Tuesday, October 6

Operating System-II

1. What is DRAM? In which form does it store data? - DRAM is not the best, but it’s cheap, does the job, and is available almost everywhere you look. DRAM data resides in a cell made of a capacitor and a transistor. The capacitor tends to lose data unless it’s recharged every couple of milliseconds, and this recharging tends to slow down the performance of DRAM compared to speedier RAM types.
2. What is Dispatcher? - Dispatcher module gives control of the CPU to the process selected by the short-term scheduler; this involves: Switching context, Switching to user mode, Jumping to the proper location in the user program to restart that program, dispatch latency รข€“ time it takes for the dispatcher to stop one process and start another running.
3. What is CPU Scheduler? - Selects from among the processes in memory that are ready to execute, and allocates the CPU to one of them. CPU scheduling decisions may take place when a process:
1.Switches from running to waiting state.
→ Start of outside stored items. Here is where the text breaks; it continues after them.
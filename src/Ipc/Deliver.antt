-- ===== src/Ipc/Deliver.antt =====
-- A message that is sent without a destination arrives at the task of the system bus.
use mblue.Common.{
  ℕ, ◌^◌, ◌<◌, ◌≡◌, ◌≢◌, refl, sym, ap, ◌∙◌, Bool, true, ◌||◌, Option, some, List, [], ◌∷◌, ◌++◌,
  arith, ◌==◌, ==_iff, if◌then◌else◌, update, ltb, inl, inr, Bool-cases,
}
use mblue.Errcode.{ok}
use mblue.Message.Code.{make_code, get_type, get_major, get_minor, get-make_code}
use mblue.Message.Pool.{
  Message, MessageList, write, mblue_message_alloc, mblue_message_get,
  get_mblue_message_list_instance, take_first,
}
use mblue.Message.Pool.Conservation.{IsPool, without_first}
use mblue.MessageQueue.Refines.{contents}
use mblue.SystemBus.{Bus, message, sync_call, async_call}
use mblue.Task.{Task, pointer, template_msg_post, template_pend}
use mblue.Task.Loop.{IsTask, template_msg_post_lem}
use mblue.Ipc.{
  Ipc, Sent, code, waits, init_message, find_bus, post_message, wait_return, ipc_invoke,
  send_message, union_of, set_dst,
}

-- The message as it is filled in, for the bus segment `b`.
abbrev pub filled : ℕ → ℕ → ℕ → ℕ → ℕ → ℕ → ℕ → ℕ → ℕ → ℕ → Message
filled src seq type major minor b input out extra pn = record {
  seq = seq;
  ref = if (type == sync_call) || (type == async_call) then 1 else 0;
  code = make_code type major minor;
  src = src;
  dst = b;
  smart_payload = input;
  extra = union_of type out extra pn;
}

module _ (bus : Bus) (dst i : ℕ) where
  abbrev posted : Bus
  posted = record bus { tasks = update bus.tasks dst (template_msg_post (bus.tasks dst) i).1 }

  post_message-sent :
      dst ≢ 0
      → (bus.tasks dst).nproc ≡ true
      → get_type (message bus i).code ≢ sync_call
      → post_message bus dst i ≡ some (code ok, posted)
  unfolding post_message template_msg_post
  post_message-sent there nproc type = ground (arith, there, nproc, type)

  post_message-waits :
      dst ≢ 0
      → (bus.tasks dst).nproc ≡ true
      → get_type (message bus i).code ≡ sync_call
      → (message bus i).src ≢ 0
      → (bus.tasks (message bus i).src).call_sem ≡ 0
      → post_message bus dst i ≡ some (waits, posted)
  unfolding post_message template_msg_post wait_return template_pend
  post_message-waits there nproc type caller idle = ground (arith, there, nproc, type, caller, idle)

alloc_first :
    (l : MessageList) {used : List ℕ} (i : ℕ) (rest : List ℕ)
    → IsPool l used
    → l.msg_list ≡ i ∷ rest
    → mblue_message_alloc l ≡ (some i, without_first l i rest)
unfolding mblue_message_alloc mblue_message_get get_mblue_message_list_instance take_first
alloc_first l i rest v free = ground (arith, v.is_ready, v.counted, free)

module _ (ipc : Ipc) (src seq type major minor input out extra pn i b : ℕ) {used rest : List ℕ}
    (v : IsPool ipc.bus.pool used) (free : ipc.bus.pool.msg_list ≡ i ∷ rest)
    (present : ipc.main_task ≢ 0) (nproc : (ipc.bus.tasks ipc.main_task).nproc ≡ true)
    (routed : find_bus ipc.major (ipc.segments ipc.main_task) ≡ some b) (bound : b ≢ 0) where
  -- The bus with the message that `init_message` fills in.
  abbrev initialised : Bus
  initialised = record ipc.bus {
    pool =
        write (without_first ipc.bus.pool i rest) i
          (filled src seq type major minor 0 input out extra pn);
  }

  abbrev addressed : Bus
  addressed = set_dst initialised i b

  init_message_first :
      init_message ipc.bus.pool src seq type major minor 0 input out extra pn
      ≡ (some i, initialised.pool)
  unfolding init_message
  init_message_first =
      let taken = alloc_first ipc.bus.pool i rest v free in
      let got = ap (λ (t : Option ℕ × MessageList). t.0) taken in
      let left = ap (λ (t : Option ℕ × MessageList). t.1) taken in rw (got, left, init_message) refl

  invoke_unaddressed :
      ipc_invoke (record ipc { bus = initialised }) i ≡ post_message addressed ipc.main_task i
  unfolding ipc_invoke
  invoke_unaddressed = ground (routed, present, bound, arith)

  sends :
      send_message ipc src seq type major minor 0 input out extra pn
      ≡ post_message addressed ipc.main_task i
  unfolding send_message
  sends =
      let got = ap (λ (t : Option ℕ × MessageList). t.0) init_message_first in
      let left = ap (λ (t : Option ℕ × MessageList). t.1) init_message_first in
      rw (got, left, send_message) invoke_unaddressed

  arrived : message addressed i ≡ filled src seq type major minor b input out extra pn
  arrived = ground arith

  abbrev told : Bool → Option (Sent × Bus)
  told sync = some (if sync then waits else code ok, posted addressed ipc.main_task i)

  outcome :
      get_type (message addressed i).code ≡ type
      → (type ≡ sync_call → (src ≢ 0) × ((ipc.bus.tasks src).call_sem ≡ 0))
      → send_message ipc src seq type major minor 0 input out extra pn
        ≡ some (if type == sync_call then waits else code ok, posted addressed ipc.main_task i)
  outcome same_type idle = elim (Bool-cases (type == sync_call)) [
    | inl hit ↦
        let sync = (==_iff type sync_call).0 hit in
        let from : (message addressed i).src ≡ src = ap (λ (m : Message). m.src) arrived in
        let caller : (message addressed i).src ≢ 0 = λ e. (idle sync).0 (sym from ∙ e) in
        let no_return : (ipc.bus.tasks (message addressed i).src).call_sem ≡ 0 =
          ap (λ (t : ℕ). (ipc.bus.tasks t).call_sem) from ∙ (idle sync).1 in
        sends
        ∙ post_message-waits addressed ipc.main_task i present nproc (same_type ∙ sync) caller
            no_return
        ∙ ap told (sym hit)
    | inr miss ↦
        let other : type ≢ sync_call = ground (miss, arith) in
        sends
        ∙ post_message-sent addressed ipc.main_task i present nproc (λ e. other (sym same_type ∙ e))
        ∙ ap told (sym miss)
  ]

  waiting :
      IsTask (ipc.bus.tasks ipc.main_task)
      → (ipc.bus.tasks ipc.main_task).mq.size < (ipc.bus.tasks ipc.main_task).mq.capacity
      → contents ((posted addressed ipc.main_task i).tasks ipc.main_task).mq
        ≡ contents (ipc.bus.tasks ipc.main_task).mq ++ (pointer i ∷ [])
  waiting well room =
      let (status, holds, valid) = template_msg_post_lem (ipc.bus.tasks ipc.main_task) i well in
      let fits : ltb (ipc.bus.tasks ipc.main_task).mq.size (ipc.bus.tasks ipc.main_task).mq.capacity
          ≡ true =
        ground (room, arith) in
      let here : (posted addressed ipc.main_task i).tasks ipc.main_task
          ≡ (template_msg_post (ipc.bus.tasks ipc.main_task) i).1 =
        ground arith in
      ap (λ (t : Task). contents t.mq) here ∙ rw fits at holds

  -- A message without a destination, of a type below 16, a major number below 2 ^ 12 and a minor
  -- number below 2 ^ 16, when the pool has a free message, the task of the bus has room, and the
  -- caller of a synchronous call is a task without a return left to take. It is the first free message of the pool; it is
  -- posted behind those that wait in the queue of the bus, holds the type, the numbers, the payload
  -- and the segment of the bus, and has one reference if it is a call and none otherwise. The sender
  -- of a synchronous call waits, every other sender is told MBLUE_OK.
  pub send_message_lem :
      type < 16
      → major < 2 ^ 12
      → minor < 2 ^ 16
      → IsTask (ipc.bus.tasks ipc.main_task)
      → (ipc.bus.tasks ipc.main_task).mq.size < (ipc.bus.tasks ipc.main_task).mq.capacity
      → (type ≡ sync_call → (src ≢ 0) × ((ipc.bus.tasks src).call_sem ≡ 0))
      → (bus' : Bus) × (sent : Sent) × (send_message ipc src seq type major minor 0 input out extra
            pn
          ≡ some (sent, bus'))
        × (sent ≡ (if type == sync_call then waits else code ok))
        × (contents (bus'.tasks ipc.main_task).mq
            ≡ contents (ipc.bus.tasks ipc.main_task).mq ++ (pointer i ∷ []))
        × (get_type (message bus' i).code ≡ type)
        × (get_major (message bus' i).code ≡ major)
        × (get_minor (message bus' i).code ≡ minor)
        × ((message bus' i).seq ≡ seq)
        × ((message bus' i).dst ≡ b)
        × ((message bus' i).smart_payload ≡ input)
        × ((message bus' i).ref ≡ (if (type == sync_call) || (type == async_call) then 1 else 0))
        × (bus'.pool.msg_list ≡ rest)
  send_message_lem ht hm hn well room idle =
      let (type_of, major_of, minor_of) = get-make_code type major minor ht hm hn in
      let bus' = posted addressed ipc.main_task i in
      let same_type : get_type (message addressed i).code ≡ type =
        ap (λ (m : Message). get_type m.code) arrived ∙ type_of in
      (
        bus',
        if type == sync_call then waits else code ok,
        outcome same_type idle,
        refl,
        waiting well room,
        same_type,
        ap (λ (m : Message). get_major m.code) arrived ∙ major_of,
        ap (λ (m : Message). get_minor m.code) arrived ∙ minor_of,
        ap (λ (m : Message). m.seq) arrived,
        ap (λ (m : Message). m.dst) arrived,
        ap (λ (m : Message). m.smart_payload) arrived,
        ap (λ (m : Message). m.ref) arrived,
        refl,
      )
2.Switches from running to ready state.
3.Switches from waiting to ready.
4.Terminates. Scheduling under 1 and 4 is non-preemptive.
All other scheduling is preemptive.
4. What is Context Switch? - Switching the CPU to another process requires saving the state of the old process and loading the saved state for the new process. This task is known as a context switch. Context-switch time is pure overhead, because the system does no useful work while switching. Its speed varies from machine to machine, depending on the memory speed, the number of registers which must be copied, the existed of special instructions(such as a single instruction to load or store all registers).
5. What is cache memory? - Cache memory is random access memory (RAM) that a computer microprocessor can access more quickly than it can access regular RAM. As the microprocessor processes data, it looks first in the cache memory and if it finds the data there (from a previous reading of data), it does not have to do the more time-consuming reading of data from larger memory.
6. What is a Safe State and what is its use in deadlock avoidance? - When a process requests an available resource, system must decide if immediate allocation leaves the system in a safe state. System is in safe state if there exists a safe sequence of all processes. Deadlock Avoidance: ensure that a system will never enter an unsafe state.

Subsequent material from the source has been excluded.